# London zones 1-9 map??



## ATOMIC SUPLEX (Feb 5, 2010)

I can't find one. Oyster now goes from London zones 1 - 9 apparently but I can't find a map or even a list of stations beyond zone 6. 

Any ideas. 

Is Lingfield within zone 9?


----------



## ohmyliver (Feb 5, 2010)

http://www.tfl.gov.uk/assets/downloads/lon_con.pdf


----------



## Fingers (Feb 5, 2010)

http://www.tfl.gov.uk/assets/downloads/oyster-rail-services-map.pdf


----------



## ATOMIC SUPLEX (Feb 5, 2010)

ohmyliver said:


> http://www.tfl.gov.uk/assets/downloads/lon_con.pdf



I looked at that but I assumed that 9 stretched out further North South East and West. Oops it only reaches out into the top left hand. 

My mistake. Thread ends.


----------



## ajdown (Feb 5, 2010)

Southwise, Zone 6 ends at East Croydon.  If you're going to Lingfield (as I do frequently) you just need a ticket from East Croydon to Lingfield.  If you have an annual travelcard (non-Oyster) you should have an annual goldcard with it which gives you 1/3 off of off-peak travel.

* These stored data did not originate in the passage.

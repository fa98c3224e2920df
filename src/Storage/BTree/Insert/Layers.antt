-- ===== src/Storage/BTree/Insert/Layers.antt =====
-- The laws that the steps rely on, for leaves and for inner nodes.
use negentropy.Prelude.{
  ℕ, zero, suc, ◌+◌, ◌<◌, ◌≡◌, refl, ap, sym, ◌∙◌, false, true, Bytes, List, [], ◌∷◌, ◌++◌, length,
  length-append, map, arith, All, ◌==◌,
}
use mathlib.Core.Path.{subst}
use mathlib.Core.List.{map-append}
use negentropy.Prelude.Results.{ok}
use negentropy.Types.{Item, IsItem}
use negentropy.Accumulator.{add, accum_from}
use negentropy.Accumulator.Value.{IsBuffer}
use negentropy.Accumulator.Sums.{accum_from-IsBuffer, accum_from-append, accum_from-add}
use negentropy.Storage.BTree.{Limits, Key, Node, NodePtr, node_ptr, null_ptr, NodeStore}
use negentropy.Storage.BTree.Shape.{
  Counts, LeafKeys, Below, Sub, Sub-First, First, First-append, Sub-Agrees, All-split, Below-split,
  item_of, Below-Agrees,
}
use negentropy.Storage.BTree.Laws.{StoreLaws}
use negentropy.Storage.BTree.Insert.{add_to_accum}
use negentropy.Storage.BTree.Insert.Steps.{Fixes, load_found}
use negentropy.Storage.BTree.Insert.Place.{Layer}

-- the node of a subtree
pub Sub-Counts :
    (l : Limits) (read : ℕ → NodePtr) (depth id : ℕ) (xs : List Item) (ids : List ℕ)
    → Sub l read depth id xs ids
    → (node : Node) × (read id ≡ node_ptr id node) × Counts node xs
Sub-Counts l read zero id xs ids v = (v.node, v.found, v.counts)
Sub-Counts l read (suc depth) id xs ids v = (v.node, v.found, v.counts)

pub First-unique : (a b : Item) (xs : List Item) → First a xs → First b xs → a ≡ b
First-unique a b [] f g = absurd f
First-unique a b (x ∷ xs) f g = f ∙ sym g

abbrev pub LeafBody : (ℕ → NodePtr) → List Key → List Item → List ℕ → Type 0
LeafBody read keys xs below = LeafKeys keys xs below

abbrev pub InnerBody : Limits → ℕ → (ℕ → NodePtr) → List Key → List Item → List ℕ → Type 0
InnerBody l depth read keys xs below = Below l read (Sub l read depth) keys xs below

module _ {M : Type 0} (s : NodeStore M) (l : Limits) (law : StoreLaws l s) where
  leaf_sums :
      (m : M) (keys : List Key) (acc : Bytes) (c : ℕ)
      → All (λ (k : Key). k.node_id ≡ 0) keys
      → add_to_accum s l m keys (acc, c)
        ≡ ok (accum_from acc (map item_of keys), c + length (map item_of keys))
  unfolding add_to_accum accum_from
  leaf_sums m [] acc c a = ap (λ (n : ℕ). ok (acc, n)) (omega arith)
  leaf_sums m (k ∷ ks) acc c a =
      let leaf : (k.node_id == 0) ≡ true = ground (arith, a.0) in
      rw leaf (
        leaf_sums m ks (add acc k.item.id) (c + 1) a.1
        ∙ ap (λ (n : ℕ). ok (accum_from (add acc k.item.id) (map item_of ks), n)) (omega arith))

  leaf_split :
      (ks ks' : List Key) (xs : List Item) (below : List ℕ)
      → LeafKeys (ks ++ ks') xs below
      → (ys : List Item) × (zs : List Item) × (is : List ℕ) × (js : List ℕ) × (xs ≡ ys ++ zs)
        × (below ≡ is ++ js)
        × LeafKeys ks ys is
        × LeafKeys ks' zs js
  leaf_split ks ks' xs below b =
      let both = All-split (λ (k : Key). k.node_id ≡ 0) ks ks' b.no_child in
      (
        map item_of ks,
        map item_of ks',
        [],
        [],
        b.own ∙ map-append item_of ks ks',
        b.none_below,
        record { own = refl; no_child = both.0; none_below = refl },
        record { own = refl; no_child = both.1; none_below = refl },
      )

  pub leaf_layer : Layer s l LeafBody
  leaf_layer = record {
    Loose = λ k f. k.item ≡ f;
    fixes = λ m k f ks xs below loose b.
        Fixes.own (subst (λ (id : ℕ). s.read m id ≡ null_ptr) (sym b.no_child.0) (law.read_zero m))
          loose;
    first = λ m k ks xs below b. subst (First k.item) (sym b.own) refl;
    move = λ read read' keys xs below a b. b;
    sums = λ m keys xs below acc c b _ _.
        leaf_sums m keys acc c b.no_child
        ∙ ap (λ (its : List Item). ok (accum_from acc its, c + length its)) (sym b.own);
    sums_first = λ m k f ks xs below acc c loose b _ _.
        leaf_sums m (k ∷ ks) acc c b.no_child
        ∙ ap
            (λ (it : Item).
              ok (accum_from acc (it ∷ map item_of ks), c + length (it ∷ map item_of ks)))
            loose
        ∙ ap (λ (its : List Item). ok (accum_from acc its, c + length its)) (sym b.own);
    split = λ read ks ks' xs below b. leaf_split ks ks' xs below b;
  }

  -- one child adds what it holds
  child_sum :
      (m : M) (depth : ℕ) (k : Key) (ks : List Key) (ys : List Item) (is : List ℕ) (acc : Bytes)
      (c : ℕ)
      → 0 < k.node_id
      → Sub l (s.read m) depth k.node_id ys is
      → IsBuffer acc
      → All IsItem ys
      → add_to_accum s l m (k ∷ ks) (acc, c)
        ≡ add_to_accum s l m ks (accum_from acc ys, c + length ys)
  unfolding add_to_accum
  child_sum m depth k ks ys is acc c pos v b a =
      let (node, found, counts) = Sub-Counts l (s.read m) depth k.node_id ys is v in
      let inner : (k.node_id == 0) ≡ false = ground arith in
      let total : add acc node.accum ≡ accum_from acc ys =
        ap (add acc) counts.total ∙ sym (accum_from-add acc ys b a) in
      simp (inner, load_found s l m k.node_id node found, total, counts.count)

  inner_sums :
      (depth : ℕ) (m : M) (keys : List Key) (xs : List Item) (below : List ℕ) (acc : Bytes) (c : ℕ)
      → InnerBody l depth (s.read m) keys xs below
      → IsBuffer acc
      → All IsItem xs
      → add_to_accum s l m keys (acc, c) ≡ ok (accum_from acc xs, c + length xs)
  unfolding add_to_accum accum_from
  inner_sums depth m [] xs below acc c b hb a =
      ap (λ (n : ℕ). ok (acc, n)) (omega arith)
      ∙ ap (λ (its : List Item). ok (accum_from acc its, c + length its)) (sym b.0)
  inner_sums depth m (k ∷ ks) xs below acc c b hb a =
      let both = All-split IsItem b.ys b.zs (subst (All IsItem) b.items_split a) in
      child_sum m depth k ks b.ys b.is acc c b.some_id b.held hb both.0
      ∙ inner_sums depth m ks b.zs b.js (accum_from acc b.ys) (c + length b.ys) b.others
          (accum_from-IsBuffer acc b.ys hb) both.1
      ∙ ap (λ (n : ℕ). ok (accum_from (accum_from acc b.ys) b.zs, n))
          (omega (arith, length-append b.ys b.zs))
      ∙ ap (λ (t : Bytes). ok (t, c + length (b.ys ++ b.zs)))
          (sym (accum_from-append acc b.ys b.zs))
      ∙ ap (λ (its : List Item). ok (accum_from acc its, c + length its)) (sym b.items_split)

  pub inner_layer : (depth : ℕ) → Layer s l (InnerBody l depth)
  inner_layer depth = record {
    Loose = λ k f. Unit;
    fixes = λ m k f ks xs below loose b.
        let (node, c, cs, found, items, first) =
          Sub-First l (s.read m) depth k.node_id b.ys b.is b.held in
        Fixes.child node c cs found items (First-unique c.item f b.ys first b.first);
    first = λ m k ks xs below b.
        subst (First k.item) (sym b.items_split) (First-append k.item b.ys b.zs b.first);
    move = λ read read' keys xs below a b.
        Below-Agrees l read read' (Sub l read depth) (Sub l read' depth)
          (Sub-Agrees l read read' depth) keys xs below a b;
    sums = λ m keys xs below acc c b hb a. inner_sums depth m keys xs below acc c b hb a;
    sums_first = λ m k f ks xs below acc c loose b hb a.
        let both = All-split IsItem b.ys b.zs (subst (All IsItem) b.items_split a) in
        child_sum m depth k ks b.ys b.is acc c b.some_id b.held hb both.0
        ∙ sym (
            child_sum m depth (record k { item = f }) ks b.ys b.is acc c b.some_id b.held hb both.0)
        ∙ inner_sums depth m (record k { item = f } ∷ ks) xs below acc c b hb a;
    split = λ read ks ks' xs below b.
        let h = Below-split l read (Sub l read depth) ks ks' xs below b in
        (h.ys, h.zs, h.is, h.js, h.items_split, h.ids_split, h.front, h.back);
  }

  pub leaf_loose : (k : Key) (f : Item) → k.item ≡ f → leaf_layer.Loose k f
  unfolding leaf_layer
  leaf_loose k f e = e

  pub inner_loose : (depth : ℕ) (k : Key) (f : Item) → (inner_layer depth).Loose k f
  unfolding inner_layer
  inner_loose depth k f = tt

Zones 7-9 are recent 'addons' (used to be A-D) to accommodate the extremities of the tube, rather than additional parts of the travelcard network.


----------



## Mr T (Feb 5, 2010)

my hazy recollection is that zones 7-9 (formerly A-D) only exist because hertfordshire (and neighbours) refuse to pay the same amount towards subsidising the tube as london boroughs do - or something like that - so special fares apply.  i think essex do make an appropriate contribution for the bit of the central line that goes out that way


----------



## Dan U (Feb 5, 2010)

ajdown you probably might know this but Zone 6 does not stop at East Croydon on the Lingfield Line it goes on to Upper Warlingham at least.

Just in case you are getting a Travelcard extension from E Croydon and didn't realise, you can get it from a few stops later


----------



## editor (Aug 14, 2012)

Looking at the stats, it appears this thread has become curiously popular. 
That is all.


----------



## Puddy_Tat (Aug 14, 2012)

editor said:


> Looking at the stats, it appears this thread has become curiously popular.
> That is all.


 
Pig Society in action?

Crowd-Sourcing TfL enquiries to web forums instead?

This could be fun...


----------



## Leafster (Aug 14, 2012)

editor said:


> Looking at the stats, it appears this thread has become curiously popular.
> That is all.


Could it have something to do with all the free travelcards issued with Olympic Tickets covering Zones 1 to 9?


----------



## Onket (Aug 14, 2012)

Leafster said:


> Could it have something to do with all the free travelcards issued with Olympic Tickets covering Zones 1 to 9?


 
This is what I was going to say.

My brother & his missus got a free travelcard for zones 1-9 with the tickets for some non-event that they bought. I assumed they'd just been introduced for the Olympics.


----------



## Puddy_Tat (Aug 14, 2012)

A google search on "London Zones 1-9" has this thread as its third result. 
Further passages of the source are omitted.